Collected data entries
════════════════
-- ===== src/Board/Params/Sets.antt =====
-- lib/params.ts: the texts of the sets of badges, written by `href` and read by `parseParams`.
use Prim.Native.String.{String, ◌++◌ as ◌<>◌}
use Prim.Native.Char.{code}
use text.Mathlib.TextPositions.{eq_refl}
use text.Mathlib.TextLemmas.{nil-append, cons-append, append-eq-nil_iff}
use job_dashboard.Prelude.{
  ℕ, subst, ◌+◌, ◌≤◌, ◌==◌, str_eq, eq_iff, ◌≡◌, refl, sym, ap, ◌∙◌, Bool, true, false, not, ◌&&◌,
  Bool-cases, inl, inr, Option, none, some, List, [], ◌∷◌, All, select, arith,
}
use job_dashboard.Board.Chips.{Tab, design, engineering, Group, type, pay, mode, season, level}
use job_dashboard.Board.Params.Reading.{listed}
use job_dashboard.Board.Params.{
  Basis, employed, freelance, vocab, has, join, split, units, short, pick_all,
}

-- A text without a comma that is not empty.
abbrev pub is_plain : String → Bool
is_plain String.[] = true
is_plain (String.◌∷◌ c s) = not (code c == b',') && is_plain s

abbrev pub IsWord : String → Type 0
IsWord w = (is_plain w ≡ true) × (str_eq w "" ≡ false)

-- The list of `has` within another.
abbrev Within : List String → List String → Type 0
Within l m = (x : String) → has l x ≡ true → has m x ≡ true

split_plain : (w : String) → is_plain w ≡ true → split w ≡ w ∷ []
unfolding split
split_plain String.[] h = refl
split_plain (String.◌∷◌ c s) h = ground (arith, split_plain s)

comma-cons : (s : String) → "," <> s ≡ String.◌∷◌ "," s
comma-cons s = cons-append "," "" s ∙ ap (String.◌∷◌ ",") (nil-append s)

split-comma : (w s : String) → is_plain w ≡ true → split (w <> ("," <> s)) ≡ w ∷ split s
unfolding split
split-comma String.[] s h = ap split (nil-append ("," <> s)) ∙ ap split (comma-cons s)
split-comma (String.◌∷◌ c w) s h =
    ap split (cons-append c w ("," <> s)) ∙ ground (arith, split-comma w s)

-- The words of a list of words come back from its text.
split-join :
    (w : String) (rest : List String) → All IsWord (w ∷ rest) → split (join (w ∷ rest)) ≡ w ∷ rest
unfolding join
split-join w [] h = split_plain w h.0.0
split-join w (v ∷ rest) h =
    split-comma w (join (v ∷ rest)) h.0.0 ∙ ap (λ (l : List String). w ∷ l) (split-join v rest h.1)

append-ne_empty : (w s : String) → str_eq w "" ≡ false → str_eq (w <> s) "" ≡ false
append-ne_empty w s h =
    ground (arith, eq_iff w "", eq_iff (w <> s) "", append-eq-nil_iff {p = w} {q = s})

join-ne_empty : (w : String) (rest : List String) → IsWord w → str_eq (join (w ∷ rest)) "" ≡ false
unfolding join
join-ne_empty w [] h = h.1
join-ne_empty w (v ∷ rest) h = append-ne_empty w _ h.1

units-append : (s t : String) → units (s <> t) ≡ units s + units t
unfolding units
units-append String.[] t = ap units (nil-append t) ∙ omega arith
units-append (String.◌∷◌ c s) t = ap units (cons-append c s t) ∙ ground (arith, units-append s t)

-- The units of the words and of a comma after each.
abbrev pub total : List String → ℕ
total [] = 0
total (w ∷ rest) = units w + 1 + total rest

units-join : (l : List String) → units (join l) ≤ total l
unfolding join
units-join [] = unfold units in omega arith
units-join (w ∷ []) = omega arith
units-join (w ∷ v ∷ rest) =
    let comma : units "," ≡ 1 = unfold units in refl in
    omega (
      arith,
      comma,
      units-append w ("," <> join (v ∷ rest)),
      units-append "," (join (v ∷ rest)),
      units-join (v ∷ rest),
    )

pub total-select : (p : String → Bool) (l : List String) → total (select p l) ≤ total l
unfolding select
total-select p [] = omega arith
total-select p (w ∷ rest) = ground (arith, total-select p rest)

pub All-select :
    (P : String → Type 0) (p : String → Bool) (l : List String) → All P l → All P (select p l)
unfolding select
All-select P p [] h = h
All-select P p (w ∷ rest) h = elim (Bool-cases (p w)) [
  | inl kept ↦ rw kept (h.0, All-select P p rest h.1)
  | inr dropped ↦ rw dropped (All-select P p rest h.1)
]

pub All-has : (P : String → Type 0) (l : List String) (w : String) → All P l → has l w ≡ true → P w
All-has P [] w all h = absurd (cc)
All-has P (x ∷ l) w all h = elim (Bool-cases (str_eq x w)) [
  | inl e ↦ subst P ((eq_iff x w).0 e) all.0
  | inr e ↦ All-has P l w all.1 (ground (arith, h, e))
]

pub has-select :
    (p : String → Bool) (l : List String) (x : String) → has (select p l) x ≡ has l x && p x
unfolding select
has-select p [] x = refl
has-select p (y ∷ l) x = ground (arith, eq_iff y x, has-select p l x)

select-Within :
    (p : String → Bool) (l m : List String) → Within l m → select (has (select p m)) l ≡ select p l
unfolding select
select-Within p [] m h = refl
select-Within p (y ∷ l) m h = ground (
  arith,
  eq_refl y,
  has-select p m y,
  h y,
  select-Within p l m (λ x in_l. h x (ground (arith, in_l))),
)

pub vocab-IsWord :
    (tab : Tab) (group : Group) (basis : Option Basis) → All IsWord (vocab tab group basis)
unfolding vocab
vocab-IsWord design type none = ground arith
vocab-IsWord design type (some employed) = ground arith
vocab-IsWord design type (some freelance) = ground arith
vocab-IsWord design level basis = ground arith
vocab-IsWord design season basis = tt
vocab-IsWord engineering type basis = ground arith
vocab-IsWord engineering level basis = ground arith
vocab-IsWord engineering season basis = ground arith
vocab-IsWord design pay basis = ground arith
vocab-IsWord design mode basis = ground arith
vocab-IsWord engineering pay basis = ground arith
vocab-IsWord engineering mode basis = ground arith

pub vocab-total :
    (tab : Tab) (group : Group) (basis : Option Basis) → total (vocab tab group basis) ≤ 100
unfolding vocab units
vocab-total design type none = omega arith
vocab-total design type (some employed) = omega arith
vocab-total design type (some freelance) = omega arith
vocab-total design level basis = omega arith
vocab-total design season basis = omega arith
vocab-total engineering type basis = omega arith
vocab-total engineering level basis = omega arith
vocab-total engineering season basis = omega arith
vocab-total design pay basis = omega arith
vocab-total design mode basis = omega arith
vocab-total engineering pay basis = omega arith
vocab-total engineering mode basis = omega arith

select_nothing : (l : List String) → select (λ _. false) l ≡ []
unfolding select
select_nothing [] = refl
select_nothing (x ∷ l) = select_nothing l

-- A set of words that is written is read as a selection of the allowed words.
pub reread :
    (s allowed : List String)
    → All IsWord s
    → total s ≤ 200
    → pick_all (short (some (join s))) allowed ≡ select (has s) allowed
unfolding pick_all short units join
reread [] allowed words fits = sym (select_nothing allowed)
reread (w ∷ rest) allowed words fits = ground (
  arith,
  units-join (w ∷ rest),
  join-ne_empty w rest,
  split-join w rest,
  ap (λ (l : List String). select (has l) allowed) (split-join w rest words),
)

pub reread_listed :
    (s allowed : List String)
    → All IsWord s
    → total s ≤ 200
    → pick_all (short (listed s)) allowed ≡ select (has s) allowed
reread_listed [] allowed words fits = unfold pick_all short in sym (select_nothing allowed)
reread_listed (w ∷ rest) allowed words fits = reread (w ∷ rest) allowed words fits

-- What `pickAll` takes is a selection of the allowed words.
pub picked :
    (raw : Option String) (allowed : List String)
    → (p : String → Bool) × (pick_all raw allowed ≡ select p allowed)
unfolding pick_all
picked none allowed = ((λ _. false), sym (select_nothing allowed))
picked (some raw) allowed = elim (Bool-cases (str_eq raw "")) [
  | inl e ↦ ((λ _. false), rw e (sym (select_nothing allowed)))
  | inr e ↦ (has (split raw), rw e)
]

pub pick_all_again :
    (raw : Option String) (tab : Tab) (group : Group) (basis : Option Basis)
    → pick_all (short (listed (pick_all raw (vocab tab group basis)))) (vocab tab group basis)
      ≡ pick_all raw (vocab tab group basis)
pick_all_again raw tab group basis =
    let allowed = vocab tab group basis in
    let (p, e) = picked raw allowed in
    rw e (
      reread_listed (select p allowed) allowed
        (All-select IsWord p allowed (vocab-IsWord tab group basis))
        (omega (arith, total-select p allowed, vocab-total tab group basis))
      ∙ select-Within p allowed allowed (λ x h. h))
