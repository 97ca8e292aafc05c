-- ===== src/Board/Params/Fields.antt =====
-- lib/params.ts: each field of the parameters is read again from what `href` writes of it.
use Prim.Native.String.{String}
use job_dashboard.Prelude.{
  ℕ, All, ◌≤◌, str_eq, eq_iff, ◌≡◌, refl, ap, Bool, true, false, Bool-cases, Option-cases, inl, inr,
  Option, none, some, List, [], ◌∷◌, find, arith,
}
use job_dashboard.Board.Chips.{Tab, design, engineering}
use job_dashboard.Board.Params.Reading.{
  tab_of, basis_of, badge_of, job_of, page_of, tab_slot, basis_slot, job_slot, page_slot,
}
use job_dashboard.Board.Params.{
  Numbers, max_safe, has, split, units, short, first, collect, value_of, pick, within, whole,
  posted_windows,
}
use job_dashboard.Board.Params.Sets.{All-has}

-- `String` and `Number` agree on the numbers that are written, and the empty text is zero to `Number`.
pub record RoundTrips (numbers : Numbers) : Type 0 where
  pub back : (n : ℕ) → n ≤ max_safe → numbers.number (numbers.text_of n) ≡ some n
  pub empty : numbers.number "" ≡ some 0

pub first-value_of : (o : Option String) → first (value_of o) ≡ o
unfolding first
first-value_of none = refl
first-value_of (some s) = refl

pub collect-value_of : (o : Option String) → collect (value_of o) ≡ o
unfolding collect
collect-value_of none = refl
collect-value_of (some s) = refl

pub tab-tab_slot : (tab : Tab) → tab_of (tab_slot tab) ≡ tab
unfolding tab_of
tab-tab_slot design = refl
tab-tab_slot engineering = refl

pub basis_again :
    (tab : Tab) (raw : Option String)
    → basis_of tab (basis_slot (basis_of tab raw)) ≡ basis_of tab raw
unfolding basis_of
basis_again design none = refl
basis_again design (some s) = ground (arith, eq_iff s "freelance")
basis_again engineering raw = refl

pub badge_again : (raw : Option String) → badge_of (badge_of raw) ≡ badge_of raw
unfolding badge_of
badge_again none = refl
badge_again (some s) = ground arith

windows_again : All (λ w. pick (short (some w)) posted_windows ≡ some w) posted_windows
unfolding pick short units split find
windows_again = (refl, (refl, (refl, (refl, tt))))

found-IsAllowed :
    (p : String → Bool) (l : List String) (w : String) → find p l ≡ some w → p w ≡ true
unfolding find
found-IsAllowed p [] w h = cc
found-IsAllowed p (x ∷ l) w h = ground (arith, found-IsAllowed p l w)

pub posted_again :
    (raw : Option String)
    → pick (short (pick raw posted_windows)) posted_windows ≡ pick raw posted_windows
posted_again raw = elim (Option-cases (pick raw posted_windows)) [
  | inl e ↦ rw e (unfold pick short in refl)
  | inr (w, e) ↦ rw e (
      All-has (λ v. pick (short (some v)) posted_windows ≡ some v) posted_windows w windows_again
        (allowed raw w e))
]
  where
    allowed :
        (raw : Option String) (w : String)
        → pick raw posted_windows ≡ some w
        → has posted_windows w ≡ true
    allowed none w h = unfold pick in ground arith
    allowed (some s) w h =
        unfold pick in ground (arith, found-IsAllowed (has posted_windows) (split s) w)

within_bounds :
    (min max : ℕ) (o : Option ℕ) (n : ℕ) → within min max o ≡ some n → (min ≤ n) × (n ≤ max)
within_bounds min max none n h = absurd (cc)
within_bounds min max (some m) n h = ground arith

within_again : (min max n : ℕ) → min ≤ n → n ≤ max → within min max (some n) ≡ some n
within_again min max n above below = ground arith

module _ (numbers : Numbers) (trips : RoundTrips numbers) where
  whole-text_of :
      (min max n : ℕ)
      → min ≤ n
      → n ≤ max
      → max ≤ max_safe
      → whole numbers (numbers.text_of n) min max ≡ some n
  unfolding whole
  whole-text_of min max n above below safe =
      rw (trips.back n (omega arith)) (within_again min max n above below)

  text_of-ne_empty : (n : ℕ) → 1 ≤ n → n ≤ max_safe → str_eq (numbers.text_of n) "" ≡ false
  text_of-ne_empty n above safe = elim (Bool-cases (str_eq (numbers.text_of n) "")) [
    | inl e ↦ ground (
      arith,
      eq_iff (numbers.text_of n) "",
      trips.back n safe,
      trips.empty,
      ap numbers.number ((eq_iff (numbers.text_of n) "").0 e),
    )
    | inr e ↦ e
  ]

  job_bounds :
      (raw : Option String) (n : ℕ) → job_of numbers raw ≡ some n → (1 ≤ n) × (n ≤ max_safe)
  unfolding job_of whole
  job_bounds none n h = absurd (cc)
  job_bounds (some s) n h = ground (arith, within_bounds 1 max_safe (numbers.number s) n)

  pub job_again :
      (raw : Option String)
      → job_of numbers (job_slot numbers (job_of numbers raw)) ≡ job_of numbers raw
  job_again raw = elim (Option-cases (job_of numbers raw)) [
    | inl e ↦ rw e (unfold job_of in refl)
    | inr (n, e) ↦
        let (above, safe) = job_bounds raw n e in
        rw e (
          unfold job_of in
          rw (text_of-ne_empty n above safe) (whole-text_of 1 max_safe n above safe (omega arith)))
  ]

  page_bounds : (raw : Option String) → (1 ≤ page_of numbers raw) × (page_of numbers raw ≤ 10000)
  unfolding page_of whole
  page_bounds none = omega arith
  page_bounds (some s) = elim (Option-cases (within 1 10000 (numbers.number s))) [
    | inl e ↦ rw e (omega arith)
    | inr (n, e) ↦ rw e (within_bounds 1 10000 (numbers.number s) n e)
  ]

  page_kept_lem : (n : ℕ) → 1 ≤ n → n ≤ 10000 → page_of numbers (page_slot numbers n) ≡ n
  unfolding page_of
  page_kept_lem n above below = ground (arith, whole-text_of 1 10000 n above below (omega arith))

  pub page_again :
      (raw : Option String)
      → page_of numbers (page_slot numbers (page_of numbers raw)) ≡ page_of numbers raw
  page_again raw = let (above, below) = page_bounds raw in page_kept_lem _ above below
════════════════
- _WORK ITEM_: Given the records above, restate word for word only the lines starting at the one with "-- A set of" and ending at the one with "reread [] allowed".

- _FINAL ANSWER_:
-- A set of words that is written is read as a selection of the allowed words.
pub reread :
    (s allowed : List String)
    → All IsWord s
    → total s ≤ 200
    → pick_all (short (some (join s))) allowed ≡ select (has s) allowed
unfolding pick_all short units join
reread [] allowed words fits = sym (select_nothing allowed)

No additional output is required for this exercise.